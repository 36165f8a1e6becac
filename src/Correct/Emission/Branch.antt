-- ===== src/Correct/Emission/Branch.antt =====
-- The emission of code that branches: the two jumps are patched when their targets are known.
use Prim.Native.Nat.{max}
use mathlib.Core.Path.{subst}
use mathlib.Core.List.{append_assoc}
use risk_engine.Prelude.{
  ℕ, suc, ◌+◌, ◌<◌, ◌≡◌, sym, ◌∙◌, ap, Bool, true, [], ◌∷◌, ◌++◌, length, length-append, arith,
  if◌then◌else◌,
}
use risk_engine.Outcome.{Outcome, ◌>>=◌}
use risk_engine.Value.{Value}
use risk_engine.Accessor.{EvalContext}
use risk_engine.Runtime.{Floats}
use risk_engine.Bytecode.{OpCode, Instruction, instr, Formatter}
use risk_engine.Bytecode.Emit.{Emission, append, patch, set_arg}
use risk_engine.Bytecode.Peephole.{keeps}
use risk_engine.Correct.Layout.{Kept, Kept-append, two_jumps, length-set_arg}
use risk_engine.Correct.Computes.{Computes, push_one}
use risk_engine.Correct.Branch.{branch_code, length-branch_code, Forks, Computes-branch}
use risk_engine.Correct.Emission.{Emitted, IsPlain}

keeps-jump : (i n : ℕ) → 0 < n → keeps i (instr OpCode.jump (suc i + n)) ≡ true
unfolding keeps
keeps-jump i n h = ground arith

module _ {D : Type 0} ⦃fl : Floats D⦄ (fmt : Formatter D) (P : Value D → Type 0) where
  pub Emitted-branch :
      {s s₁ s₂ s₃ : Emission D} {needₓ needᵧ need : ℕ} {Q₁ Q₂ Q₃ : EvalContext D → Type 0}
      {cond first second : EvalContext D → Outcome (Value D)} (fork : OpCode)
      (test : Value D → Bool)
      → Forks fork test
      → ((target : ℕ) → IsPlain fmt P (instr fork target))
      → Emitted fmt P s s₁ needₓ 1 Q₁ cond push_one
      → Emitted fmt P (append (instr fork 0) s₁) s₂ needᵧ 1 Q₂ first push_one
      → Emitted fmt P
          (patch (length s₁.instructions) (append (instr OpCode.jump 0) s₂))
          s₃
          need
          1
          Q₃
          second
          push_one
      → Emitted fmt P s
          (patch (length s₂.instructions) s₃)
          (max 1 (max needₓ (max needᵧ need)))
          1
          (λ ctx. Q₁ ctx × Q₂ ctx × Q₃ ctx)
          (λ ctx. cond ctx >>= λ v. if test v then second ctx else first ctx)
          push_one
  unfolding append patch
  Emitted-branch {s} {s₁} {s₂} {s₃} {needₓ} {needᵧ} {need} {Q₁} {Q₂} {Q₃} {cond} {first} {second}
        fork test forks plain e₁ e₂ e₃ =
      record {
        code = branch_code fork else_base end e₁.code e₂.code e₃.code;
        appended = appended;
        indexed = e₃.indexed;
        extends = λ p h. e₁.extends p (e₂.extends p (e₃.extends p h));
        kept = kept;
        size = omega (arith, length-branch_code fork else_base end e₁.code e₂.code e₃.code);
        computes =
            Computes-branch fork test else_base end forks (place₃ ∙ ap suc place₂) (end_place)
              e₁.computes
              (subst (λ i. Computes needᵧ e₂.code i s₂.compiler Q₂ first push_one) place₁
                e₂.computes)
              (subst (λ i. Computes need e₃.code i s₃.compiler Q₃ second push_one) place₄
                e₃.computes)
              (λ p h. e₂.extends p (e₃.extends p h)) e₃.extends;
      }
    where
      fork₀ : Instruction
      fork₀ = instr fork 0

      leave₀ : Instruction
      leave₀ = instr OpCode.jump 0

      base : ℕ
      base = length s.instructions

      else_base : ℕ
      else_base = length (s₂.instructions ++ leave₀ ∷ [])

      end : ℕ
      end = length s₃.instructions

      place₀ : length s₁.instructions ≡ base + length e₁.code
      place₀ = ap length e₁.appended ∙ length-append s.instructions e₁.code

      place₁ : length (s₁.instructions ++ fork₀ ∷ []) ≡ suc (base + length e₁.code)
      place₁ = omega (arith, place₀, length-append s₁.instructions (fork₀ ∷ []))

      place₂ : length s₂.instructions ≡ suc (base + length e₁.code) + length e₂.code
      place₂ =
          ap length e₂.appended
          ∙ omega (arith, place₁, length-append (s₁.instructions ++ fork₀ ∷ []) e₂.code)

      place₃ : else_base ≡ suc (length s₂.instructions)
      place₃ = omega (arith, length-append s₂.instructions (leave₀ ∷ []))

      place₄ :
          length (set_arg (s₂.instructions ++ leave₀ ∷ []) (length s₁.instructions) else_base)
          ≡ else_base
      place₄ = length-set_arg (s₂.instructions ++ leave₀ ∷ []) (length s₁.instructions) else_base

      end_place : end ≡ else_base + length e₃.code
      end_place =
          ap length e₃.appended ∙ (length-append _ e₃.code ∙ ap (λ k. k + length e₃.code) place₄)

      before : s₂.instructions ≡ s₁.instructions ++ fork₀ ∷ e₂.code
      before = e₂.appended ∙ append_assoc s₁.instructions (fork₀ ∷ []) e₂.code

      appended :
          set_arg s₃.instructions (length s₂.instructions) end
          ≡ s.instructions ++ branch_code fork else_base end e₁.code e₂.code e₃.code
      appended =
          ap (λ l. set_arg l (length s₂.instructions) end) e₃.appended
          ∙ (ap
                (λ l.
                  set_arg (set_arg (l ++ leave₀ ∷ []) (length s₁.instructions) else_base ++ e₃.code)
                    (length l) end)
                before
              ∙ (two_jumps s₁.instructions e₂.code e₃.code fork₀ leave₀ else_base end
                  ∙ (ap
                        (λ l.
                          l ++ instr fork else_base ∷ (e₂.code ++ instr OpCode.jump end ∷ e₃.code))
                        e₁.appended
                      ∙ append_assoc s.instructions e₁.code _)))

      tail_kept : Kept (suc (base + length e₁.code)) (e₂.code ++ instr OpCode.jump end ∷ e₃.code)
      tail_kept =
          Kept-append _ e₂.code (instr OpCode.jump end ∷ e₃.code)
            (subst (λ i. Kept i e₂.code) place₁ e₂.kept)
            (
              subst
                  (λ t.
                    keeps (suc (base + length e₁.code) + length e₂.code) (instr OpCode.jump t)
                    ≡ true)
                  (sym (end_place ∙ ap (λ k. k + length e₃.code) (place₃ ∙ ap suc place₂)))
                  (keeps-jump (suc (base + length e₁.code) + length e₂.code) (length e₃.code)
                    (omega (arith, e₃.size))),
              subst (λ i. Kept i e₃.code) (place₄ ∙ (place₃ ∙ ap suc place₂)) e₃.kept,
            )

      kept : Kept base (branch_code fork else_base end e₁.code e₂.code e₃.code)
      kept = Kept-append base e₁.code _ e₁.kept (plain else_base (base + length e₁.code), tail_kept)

#####

▶ **Problem to solve**
Each line of the data above that contains the word "Type" counts once; report the total and add nothing.

▶ **Solution**
2